I am new here. I am a phd student in my final year. I have extended for the second time. I have to submit in November, I do not know if anyone have the same issue or is it just me. Every time I wake up with the intention to do some work I free I literally free and I do not want to do anything. I know what I should do it it not easy but it is pretty straightforward but I do not why I panic and I feel like a total loser. any advice?

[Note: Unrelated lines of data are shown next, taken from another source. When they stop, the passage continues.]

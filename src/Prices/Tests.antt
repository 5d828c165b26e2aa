-- ===== src/Prices/Tests.antt =====
-- Updates of prices on concrete lists.
use identity_wallet.Common.{ℕ, ◌≡◌, some, [], ◌∷◌}
use identity_wallet.Common.Collection.Laws.{Distinct}
use identity_wallet.Schema.Text.{codes, text_eq}
use identity_wallet.Prices.{Price, State, Action, symbols, prices_reducer, get_by_symbol}
use identity_wallet.Prices.Latest.{find_last, prices_reducer-latest, prices_reducer-Distinct}

abbrev ether : ℕ → Price ℕ
ether n = record {
  symbol = codes "ETH";
  name = codes "Ethereum";
  price_usd = n;
  price_btc = 1;
  price_eth = 1;
}

abbrev key : ℕ → Price ℕ
key n = record {
  symbol = codes "KEY";
  name = codes "Selfkey";
  price_usd = n;
  price_btc = 0;
  price_eth = 0;
}

abbrev state : State ℕ
state = record { prices = ether 200 ∷ key 2 ∷ [] }

prices_reducer-latest_example :
    get_by_symbol
      (prices_reducer state (Action.prices_update (some (ether 300 ∷ ether 310 ∷ []))))
      (codes "ETH")
    ≡ some (ether 310)
unfolding find_last text_eq
prices_reducer-latest_example =
    prices_reducer-latest state (ether 300 ∷ ether 310 ∷ []) (codes "ETH")

prices_reducer-Distinct_example : Distinct (
    symbols
      (prices_reducer state (Action.prices_update (some (ether 300 ∷ ether 310 ∷ [])))).prices)
prices_reducer-Distinct_example =
    prices_reducer-Distinct state (Action.prices_update (some (ether 300 ∷ ether 310 ∷ [])))
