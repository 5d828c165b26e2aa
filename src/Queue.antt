-- ===== src/Queue.antt =====
-- The rate limit of src/common/utils/async-task-queue.js: `handleTask`, which the queue of the
-- package async calls for one task after the other. A timer that is set fires when its delay is
-- over, or later; how much later each time is an argument, as is when a task is handed over.
pub mod Rate
mod Tests
use identity_wallet.Common.{
  ℕ, zero, suc, ◌+◌, ◌-◌, Bool, true, false, Option, none, some, List, [], ◌∷◌, ltb, if◌then◌else◌,
}

pub record AsyncTaskQueue : Type 0 where
  pub delay : ℕ
  pub next_execution : Option ℕ

-- `this.nextExecution && ts < this.nextExecution`, with how long to wait; `null` and 0 are falsy.
unfoldable pub wait_time : Option ℕ → ℕ → Option ℕ
wait_time none ts = none
wait_time (some zero) ts = none
wait_time (some (suc n)) ts = if ltb ts (suc n) then some (suc n - ts) else none

-- The time at which the task is executed, by fuel: the calls of `handleTask` for it.
unfoldable pub handle_task : ℕ → ℕ → ℕ → AsyncTaskQueue → Option (ℕ × AsyncTaskQueue)
unfolding wait_time
handle_task zero late ts q = none
handle_task (suc calls) late ts q = elim (wait_time q.next_execution ts) [
  | none ↦ some (ts, record q { next_execution = some (ts + q.delay) })
  | some d ↦ handle_task calls late (ts + d + late) q
]

-- A task is handed over some time after the one before was executed.
pub record Task : Type 0 where
  pub after : ℕ
  pub late : ℕ

-- The times at which the tasks are executed, from the time `now`.
unfoldable pub run_tasks : List Task → ℕ → AsyncTaskQueue → Option (List ℕ)
unfolding handle_task
run_tasks [] now q = some []
run_tasks (t ∷ ts) now q = elim (handle_task 2 t.late (now + t.after) q) [
  | none ↦ none
  | some (at_time, q') ↦ elim (run_tasks ts at_time q') [
    | none ↦ none
    | some times ↦ some (at_time ∷ times)
  ]
]
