-- ===== src/Queue/Rate.antt =====
-- Tasks are executed with the delay of the queue between them.
use identity_wallet.Common.{
  ℕ, zero, suc, ◌+◌, ◌-◌, ◌≡◌, refl, ap, ◌≤◌, Option, none, some, List, [], ◌∷◌, arith, ltb, length,
  Bool-cases, ◌⊎◌, inl, inr,
}
use identity_wallet.Queue.{AsyncTaskQueue, Task, wait_time, handle_task, run_tasks}

-- The time from which a task may be executed.
abbrev pub open_time : Option ℕ → ℕ
open_time none = 0
open_time (some n) = n

-- Each execution is `delay` or more after the one before, the first no earlier than `from`.
abbrev pub Spaced : ℕ → ℕ → List ℕ → Type 0
Spaced delay from [] = Unit
Spaced delay from (t ∷ ts) = (from ≤ t) × Spaced delay (t + delay) ts

wait_time-open : (o : Option ℕ) (ts : ℕ) → open_time o ≤ ts → wait_time o ts ≡ none
unfolding wait_time
wait_time-open none ts h = refl
wait_time-open (some zero) ts h = refl
wait_time-open (some (suc n)) ts h = ground arith

wait_time-cases :
    (o : Option ℕ) (ts : ℕ)
    → ((wait_time o ts ≡ none) × (open_time o ≤ ts))
      ⊎ ((d : ℕ) × (wait_time o ts ≡ some d) × (open_time o ≡ ts + d))
unfolding wait_time
wait_time-cases none ts = inl (refl, omega arith)
wait_time-cases (some zero) ts = inl (refl, omega arith)
wait_time-cases (some (suc n)) ts = elim (Bool-cases (ltb ts (suc n))) [
  | inl early ↦ inr (suc n - ts, rw early refl, ground arith)
  | inr late ↦ inl (rw late refl, ground arith)
]

handle_task-open :
    (late ts : ℕ) (q : AsyncTaskQueue)
    → (t : ℕ) × (handle_task 2 late ts q
        ≡ some (t, record q { next_execution = some (t + q.delay) }))
      × (open_time q.next_execution ≤ t)
unfolding handle_task
handle_task-open late ts q = elim (wait_time-cases q.next_execution ts) [
  | inl (go, le) ↦ (ts, rw (go, handle_task) refl, le)
  | inr (d, wait, at_end) ↦
      let le : open_time q.next_execution ≤ ts + d + late = omega arith in
      (
        ts + d + late,
        rw (wait, wait_time-open q.next_execution (ts + d + late) le, handle_task) refl,
        le,
      )
]

-- Every task is executed, in order; an execution comes the queue's delay or more after the one
-- before it, and none comes before the time that the queue was closed until. Two calls of
-- `handleTask` are enough for each task.
pub run_tasks-Spaced :
    (ts : List Task) (now : ℕ) (q : AsyncTaskQueue)
    → (times : List ℕ) × (run_tasks ts now q ≡ some times)
      × (length times ≡ length ts)
      × Spaced q.delay (open_time q.next_execution) times
unfolding run_tasks
run_tasks-Spaced [] now q = ([], refl, refl, tt)
run_tasks-Spaced (task ∷ ts) now q =
    let (t, run, le) = handle_task-open task.late (now + task.after) q in
    let (times, more, count, spaced) =
      run_tasks-Spaced ts t (record q { next_execution = some (t + q.delay) }) in
    (t ∷ times, rw (run, more, run_tasks) refl, ap suc count, (le, spaced))
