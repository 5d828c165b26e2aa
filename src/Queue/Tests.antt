-- ===== src/Queue/Tests.antt =====
-- A queue with a delay of 1000 and three tasks, of which the second comes too early.
use identity_wallet.Common.{ℕ, ◌≡◌, refl, none, some, List, [], ◌∷◌, length}
use identity_wallet.Queue.{AsyncTaskQueue, Task, run_tasks, handle_task, wait_time}
use identity_wallet.Queue.Rate.{Spaced, run_tasks-Spaced}

abbrev queue : AsyncTaskQueue
queue = record { delay = 1000; next_execution = none }

abbrev task : ℕ → ℕ → Task
task after late = record { after = after; late = late }

abbrev tasks : List Task
tasks = task 5 0 ∷ task 10 3 ∷ task 2000 0 ∷ []

run : run_tasks tasks 100 queue ≡ some (105 ∷ 1108 ∷ 3108 ∷ [])
unfolding run_tasks handle_task wait_time
run = refl

run_tasks-Spaced_example :
    (times : List ℕ) × (run_tasks tasks 100 queue ≡ some times)
    × (length times ≡ 3)
    × Spaced 1000 0 times
run_tasks-Spaced_example = run_tasks-Spaced tasks 100 queue
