-- ===== src/Schema.antt =====
-- JSON values, JSON schemas, and the passes over them in src/common/identity/utils.js.
pub mod Text
pub mod Value
pub mod Types
pub mod Reference
pub mod Documents
pub mod Meta
pub mod Files
mod Tests
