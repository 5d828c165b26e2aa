-- ===== src/Schema/Documents/RoundTrip.antt =====
-- One document out to the list and back: the `file` branches of `normalizeDocumentsSchema` and
-- `denormalizeDocumentsSchema` undo one another.
use identity_wallet.Common.{
  ℕ, suc, ◌≡◌, refl, ap, ◌∙◌, Bool, true, false, not, ◌||◌, some, [], ◌∷◌, ◌++◌, arith, length,
  filter, All, eq_refl, nat_eq,
}
use identity_wallet.Schema.Text.{Text, text_eq, decimal, number_from-decimal, decimal-AllDigits}
use identity_wallet.Schema.Value.{
  Value, Fields, num, str, obj, end, field, get, put, drop_field, has_field, truthy, strict_eq,
  to_text,
}
use identity_wallet.Schema.Reference.{
  match_reference, match_reference-id, match_reference-new, group_number, AllDigits-all_digits,
  id_reference, new_name, new_reference,
}
use identity_wallet.Schema.Documents.{
  Documents, id_key, name_key, refers, take_document, denormalize_file, put_document,
}

drop_field_absent : (k : Text) (o : Fields) → has_field k o ≡ false → drop_field k o ≡ o
unfolding drop_field has_field
drop_field_absent k end h = refl
drop_field_absent k (field j v o) h = ground (arith, drop_field_absent k o)

drop_field-put :
    (k : Text) (v : Value) (o : Fields) → has_field k o ≡ false → drop_field k (put k v o) ≡ o
unfolding drop_field has_field put
drop_field-put k v end h = ground arith
drop_field-put k v (field j w o) h = ground (arith, drop_field-put k v o)

get-put : (k : Text) (v : Value) (o : Fields) → get k (put k v o) ≡ v
unfolding get put
get-put k v end = ground arith
get-put k v (field j w o) = ground (arith, get-put k v o)

group_number-decimal : (n : ℕ) → group_number (decimal n) ≡ some n
unfolding group_number
group_number-decimal n =
    rw (AllDigits-all_digits (decimal n) (decimal-AllDigits n)) (ap some (number_from-decimal n))

found-last :
    (id : Text) (docs : Documents) (o : Fields)
    → All (λ d. refers id d ≡ false) docs
    → refers id o ≡ true
    → filter (refers id) (docs ++ o ∷ []) ≡ o ∷ []
found-last id [] o others this = rw this
found-last id (d ∷ docs) o others this = rw others.0 (found-last id docs o others.1 this)

rest-last :
    (id : Text) (docs : Documents) (o : Fields)
    → All (λ d. refers id d ≡ false) docs
    → refers id o ≡ true
    → filter (λ d. not (refers id d)) (docs ++ o ∷ []) ≡ docs
rest-last id [] o others this = rw this
rest-last id (d ∷ docs) o others this = rw others.0 (ap (d ∷◌) (rest-last id docs o others.1 this))

-- The one document that a name refers to, at the end of the list.
take_document-last :
    (id : Text) (docs : Documents) (o : Fields)
    → All (λ d. refers id d ≡ false) docs
    → refers id o ≡ true
    → take_document id (docs ++ o ∷ []) ≡ (obj (drop_field name_key o), docs)
unfolding take_document
take_document-last id docs o others this =
    rw (found-last id docs o others this, rest-last id docs o others this, take_document)

denormalize_file-ref :
    (c : ℕ) (s id : Text) (docs : Documents)
    → match_reference (c ∷ s) ≡ some id
    → denormalize_file (str (c ∷ s)) docs ≡ take_document id docs
unfolding denormalize_file
denormalize_file-ref c s id docs e = rw (e, denormalize_file)

abbrev others : ℕ → Documents → Documents
others n = filter (λ d. not (strict_eq (get id_key d) (num n)))

put_document-stored :
    (o : Fields) (n : ℕ) (docs : Documents)
    → get id_key o ≡ num (suc n)
    → put_document o docs ≡ (str (id_reference (decimal (suc n))), others (suc n) docs ++ o ∷ [])
unfolding put_document truthy to_text
put_document-stored o n docs stored = rw (stored, put_document)

put_document-new :
    (o : Fields) (docs : Documents)
    → truthy (get id_key o) ≡ false
    → put_document o docs ≡ (
      str (new_reference (length docs)),
      docs ++ put name_key (str (new_name (length docs))) o ∷ [],
    )
unfolding put_document
put_document-new o docs new = rw (new, put_document)

-- Another document is not referred to by the numeral of an id.
refers-others :
    (n : ℕ) (docs : Documents)
    → All (λ d. strict_eq (get name_key d) (str (decimal n)) ≡ false) docs
    → All (λ d. refers (decimal n) d ≡ false) (others n docs)
unfolding refers
refers-others n [] h = tt
refers-others n (d ∷ docs) h = ground (arith, group_number-decimal n, h.0, refers-others n docs h.1)

refers-stored : (n : ℕ) (o : Fields) → get id_key o ≡ num n → refers (decimal n) o ≡ true
unfolding refers strict_eq
refers-stored n o e = rw (group_number-decimal n, refers) (rw e (rw (eq_refl n)))

or_true : (a b : Bool) → b ≡ true → (a || b) ≡ true
or_true true b h = refl
or_true false b h = h

refers-new : (id : Text) (o : Fields) → refers id (put name_key (str id) o) ≡ true
unfolding refers strict_eq
refers-new id o =
    or_true _ _ (ap (λ v. strict_eq v (str id)) (get-put name_key (str id) o) ∙ eq_refl id)

-- If a stored document, with a positive number for an id and no `#id`, is moved out to a list in
-- which no `#id` is the id's numeral, then it comes back. The list is then that of before, less the
-- documents with this id.
pub denormalize-normalize_stored :
    (o : Fields) (n : ℕ) (docs : Documents)
    → get id_key o ≡ num (suc n)
    → has_field name_key o ≡ false
    → All (λ d. strict_eq (get name_key d) (str (decimal (suc n))) ≡ false) docs
    → let (value, moved) = put_document o docs in
      denormalize_file value moved
      ≡ (obj o, filter (λ d. not (strict_eq (get id_key d) (num (suc n)))) docs)
denormalize-normalize_stored o n docs stored bare names = rw (put_document-stored o n docs stored) (
    denormalize_file-ref _ _ (decimal (suc n)) (others (suc n) docs ++ o ∷ [])
      (match_reference-id (suc n))
    ∙ take_document-last (decimal (suc n)) (others (suc n) docs) o
        (refers-others (suc n) docs names) (refers-stored (suc n) o stored)
    ∙ cc (drop_field_absent name_key o bare))

-- If a new document, with no id and no `#id`, is moved out to a list in which the name that it is
-- given there refers to no document, then it comes back, and the list is that of before.
pub denormalize-normalize_new :
    (o : Fields) (docs : Documents)
    → truthy (get id_key o) ≡ false
    → has_field name_key o ≡ false
    → All (λ d. refers (new_name (length docs)) d ≡ false) docs
    → let (value, moved) = put_document o docs in denormalize_file value moved ≡ (obj o, docs)
denormalize-normalize_new o docs new bare names =
    let named = put name_key (str (new_name (length docs))) o in
    rw (put_document-new o docs new) (
      denormalize_file-ref _ _ (new_name (length docs)) (docs ++ named ∷ [])
        (match_reference-new (length docs))
      ∙ take_document-last (new_name (length docs)) docs named names
          (refers-new (new_name (length docs)) o)
      ∙ cc (drop_field-put name_key (str (new_name (length docs))) o bare))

I felt a bit like this recently - I really didn't want to do any work - I felt sick of it and had to move all my deadlines further away. I took a bit of time out and then returned to it. Since coming back to it, I haven't really allowed myself to think much about how good it is but rather have just focused on getting it done. A friend once told me to aim for "dumb but done". It really helps!
It could be a bit of perfectionism / fear of it not being as good as you want it to be / something similar that is stalling you. Maybe you think that the amount you have to do isn't actually doable in the time you have? Have you adequately planned - breaking down each section etc and designating time for writing it? Procrastination comes in many shapes and sizes.
Hope this stimulates some useful thought. You'll get there in the end!
I have been in your exact situation for a while and only recently have I started to get myself out of it.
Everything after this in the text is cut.